C’est l’un des messages qu’a livrés Chantal Lamoureux, présidente-directrice générale de l’Institut québécois de planification financière (IQPF), lors du Rendez-vous de l’Autorité des marchés financiers, le 22 novembre.

Elle dresse un parallèle entre le rôle du conseiller et le planificateur financier et celui du pilote d’avion. Celui-ci sait comment fonctionne son avion même s’il peut utiliser la fonction de pilote automatique.

« Il va falloir que les conseillers et les planificateurs financiers sachent ce qu’il y a dans l’outil pour vraiment apporter de la valeur – qu’ils connaissent bien leur avion. Quand vous cochez une case dans un outil, qu’est-ce qui se passe en arrière? Sans connaître au complet l’algorithme qui est là, on doit le comprendre suffisamment pour cocher les bonnes choses et ne pas être en train d’offrir quelque chose qui ne répond pas [aux] besoins [du client] », a indiqué Chantal Lamoureux lors de l’événement virtuel.

Il est vrai que les nouveaux développements technologiques offrent de grands avantages afin d’éviter aux humains des tâches cléricales, lesquelles sont synonymes d’erreurs humaines. Ces développements permettent aussi d’enrichir les relations avec les clients, notamment si l’outil permet au client d’ajuster lui-même les paramètres de son plan, amorçant ainsi instantanément une révision de sa situation financière.

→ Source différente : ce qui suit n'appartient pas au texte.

-- ===== src/Refine/State.antt =====
-- harness/self_refine/models.py: phases, statuses, settings and the resumable progress of an
-- attempt. Counts and token totals are natural numbers here; integers that may be negative are
-- checked where they enter (`config` below).
use de_framework.Prelude.{
  ℕ, zero, suc, ◌+◌, ◌-◌, ◌/◌, Bool, true, false, ◌&&◌, ◌||◌, not, Option, none, some, List, [],
  ◌∷◌, map, ltb, leb, ◌==◌, if◌then◌else◌, length, any, all, ℤ, pos, negsuc,
}
use de_framework.Exec.{Result, ok, err, value_error}
use de_framework.Text.{Text, is_blank}

pub data Phase : Type 0 where
  solve critique revise continue : Phase

pub data RunStatus : Type 0 where
  running finished exhausted paused : RunStatus

pub Phase-discrete : Discrete Phase
Phase-discrete = hlevel

pub RunStatus-discrete : Discrete RunStatus
RunStatus-discrete = hlevel

-- `status == RunStatus.RUNNING`
abbrev pub is_running : RunStatus → Bool
is_running running = true
is_running _ = false

abbrev pub output_tokens_per_block : ℕ
output_tokens_per_block = 200000

abbrev pub warning_tokens : ℕ
warning_tokens = 20000

pub record RefinementConfig : Type 0 where
  pub min_rounds : ℕ
  pub min_no_gap_critiques : ℕ

unfoldable pub config : ℤ → ℤ → Result RefinementConfig
config (negsuc r) c = err value_error
config (pos r) (negsuc c) = err value_error
config (pos r) (pos zero) = err value_error
config (pos r) (pos (suc c)) = ok (record { min_rounds = r; min_no_gap_critiques = suc c })

-- A dictionary from checkpoint labels to the solution frozen there, in insertion order.
abbrev pub Checkpoints : Type 0
Checkpoints = List (ℕ × Option Text)

abbrev pub keys : Checkpoints → List ℕ
keys = map (λ e. e.0)

-- d[k] = v
unfoldable pub put : ℕ → Option Text → Checkpoints → Checkpoints
put k v [] = (k, v) ∷ []
put k v ((j, w) ∷ d) = if j == k then (j, v) ∷ d else (j, w) ∷ put k v d

pub record RefinementState : Type 0 where
  pub problem : Text
  pub budget_tokens : ℕ
  pub pause_at_tokens : Option ℕ
  pub phase : Phase
  pub output_tokens : ℕ
  pub rounds : ℕ
  pub no_gap_critiques : ℕ
  pub warning_sent : Bool
  pub solution : Option Text
  pub status : RunStatus
  pub solution_checkpoints : Checkpoints
  pub checkpoint_count : ℕ

-- math.ceil(a / b) for a positive b. The source divides floats, which is exact below 2 ^ 53.
abbrev pub ceil_div : ℕ → ℕ → ℕ
ceil_div a b = (a + (b - 1)) / b

abbrev limit_of : ℕ → Option ℕ → ℕ
limit_of budget none = budget
limit_of budget (some p) = p

unfoldable pub active_limit : RefinementState → ℕ
active_limit s = limit_of s.budget_tokens s.pause_at_tokens

-- RefinementState(problem, budget_tokens, pause_at_tokens)
unfoldable pub new_state : Text → ℕ → Option ℕ → RefinementState
new_state problem budget pause = record {
  problem = problem;
  budget_tokens = budget;
  pause_at_tokens = pause;
  phase = solve;
  output_tokens = 0;
  rounds = 0;
  no_gap_critiques = 0;
  warning_sent = false;
  solution = none;
  status = running;
  solution_checkpoints = [];
  checkpoint_count = ceil_div (limit_of budget pause) output_tokens_per_block;
}

-- range(start, start + count)
unfoldable pub range_from : ℕ → ℕ → List ℕ
range_from start zero = []
range_from start (suc n) = start ∷ range_from (suc start) n

abbrev pub member : ℕ → List ℕ → Bool
member k = any (λ j. j == k)

-- The comparison of two sets of numbers.
unfoldable pub same_set : List ℕ → List ℕ → Bool
same_set a b = all (λ k. member k b) a && all (λ k. member k a) b

pause_inside : ℕ → Option ℕ → Bool
pause_inside budget none = true
pause_inside budget (some p) = ltb 0 p && ltb p budget

unfoldable pub validate : RefinementState → Result (Unit {0})
unfolding pause_inside same_set range_from
validate s =
    if is_blank s.problem
    then err value_error
    else if leb s.budget_tokens 0
    then err value_error
    else if not (pause_inside s.budget_tokens s.pause_at_tokens)
    then err value_error
    else if not (leb s.no_gap_critiques s.rounds)
    then err value_error
    else if leb s.checkpoint_count 0
    then err value_error
    else let expected = range_from 1 (length s.solution_checkpoints) in
      if not (same_set (keys s.solution_checkpoints) expected)
        || ltb s.checkpoint_count (length expected)
      then err value_error
      else ok tt
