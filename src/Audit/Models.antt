-- ===== src/Audit/Models.antt =====
-- The inputs of a judge, audit/models.py, and the saved verdicts, audit/constants.py and
-- audit/storage.py. Of a judgement, its type `V` is what the stage's schema accepts.
use de_framework.Refine.State.{Checkpoints}
use de_framework.Exec.{Result, after, require, value_error, ok, err}
use de_framework.Text.{Text, is_blank}
use de_framework.Prelude.{ℕ, Option, List, [], not, some, none, ◌&&◌, length, ◌==◌, any}

pub data Kind : Type 0 where
  correctness step_recognition : Kind

abbrev pub outline_steps : ℕ
outline_steps = 3

pub record AuditReference : Type 0 where
  pub solution : Text
  pub steps : List Text

unfoldable pub audit_reference : Text → List Text → Result AuditReference
unfolding is_blank
audit_reference solution steps =
    after
      (require
        (not (is_blank solution) && length steps == outline_steps && not (any is_blank steps))
        value_error)
      (λ _. ok (record { solution = solution; steps = steps }))

pub record AuditRequest : Type 0 where
  pub kind : Kind
  pub model : Text
  pub problem : Text
  pub reference : Text
  pub solution : Text
  pub steps : Option (List Text)

-- (steps or [])
abbrev pub steps_of : Option (List Text) → List Text
steps_of none = []
steps_of (some steps) = steps

abbrev pub check_steps : Kind → Text → Option (List Text) → Result (Unit {0})
check_steps correctness reference none = ok tt
check_steps correctness reference (some steps) = err value_error
check_steps step_recognition reference steps =
    after (audit_reference reference (steps_of steps)) (λ _. ok tt)

unfoldable pub audit_request : AuditRequest → Result AuditRequest
unfolding is_blank audit_reference
audit_request r =
    after
      (require (not (is_blank r.model) && not (is_blank r.problem) && not (is_blank r.reference))
        value_error)
      (λ _. after (check_steps r.kind r.reference r.steps) (λ _. ok r))

pub record SeedAudit : Type 0 where
  pub model : Text
  pub problem_id : Text
  pub problem : Text
  pub solutions : Checkpoints

-- A verdict with its judge's model, or what `EMPTY_AUDIT_RECORD` says of a stage.
pub data Verdict (V : Type 0) : Type 0 where
  judged : V → Text → Verdict V
  skipped : Verdict V

-- The stages of one checkpoint, by the fields of `AUDIT_FIELDS`.
pub record Audited (V : Type 0) : Type 0 where
  pub correct : Option (Verdict V)
  pub recognised : Option (Verdict V)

Toutefois, ils présentent un risque de non-personnalisation des conseils ou des produits offerts au client, selon Chantal Lamoureux. « C’est complexe, le secteur financier. Il y a de nombreux paramètres et de nombreuses variables quand on donne un conseil ou on fait une transaction. Souvent, le client ne connaît pas lui-même les impacts des décisions qu’il prend à court, moyen et long terme. Il va falloir que les technologies, on les perfectionne afin de permettre davantage de personnalisation », a-t-elle noté.

Par ailleurs, les conseillers devraient également accroître leurs compétences relationnelles dans des relations à distance, surtout s’ils utilisent la technologie pour communiquer avec leurs clients.

« Comment peut-on s’assurer que l’on comprend bien notre client, qu’il comprend qu’on est à l’affut de ses soucis, de ses préoccupations, qu’on est toujours en train de travailler dans son intérêt ? Il faut être vigilant et développer nos compétences pour être aussi bon en ligne qu’en présentiel », a-t-elle mentionné.

Appel aux régulateurs

Ces nouvelles compétences – établir des relations virtuelles et comprendre ses outils technologiques – sont si importantes que les régulateurs devraient même rouvrir leur règlement de formation continue après avoir réfléchi sur ce dont les conseillers ont besoin pour protéger le public, a plaidé Chantal Lamoureux.

« Je ne sens pas toujours que les gens voient le besoin de développer leurs compétences. La formation, c’est plus que des unités de formation continue. C’est plus qu’une obligation à court terme. C’est une responsabilité professionnelle à long terme. Si vous placez votre client au cœur de vos préoccupations, vous former c’est une responsabilité que vous devez prendre. Ce n’est pas une charge », a-t-elle souligné.

Par ailleurs, Chantal Lamoureux a souligné que la technologie peut accroître le risque de s’administrer soi-même de mauvais conseils, parfois sans le savoir. En effet, l’éducation financière n’est pas si élevée, selon elle. D’après un sondage mené pour l’IQPF dans le cadre de la semaine de la planification financière, « ce sont deux Québécois sur trois qui disent qu’ils n’ont pas les connaissances financières pour prendre soin de leur avenir financier. Chez les jeunes de 25 à 44 ans, c’est trois Québécois sur quatre. »

Le sondage révélait aussi que les investisseurs se fient beaucoup à leurs proches pour prendre des décisions. « Or, [ces derniers] n’ont pas la vision globale et ils ne nous disent pas tout. L’argent reste un tabou au Québec. On ne se raconte pas tout. Les professionnels ont un rôle à jouer de transmettre leur connaissance, de vulgariser et expliquer les choses au client », a-t-elle dit.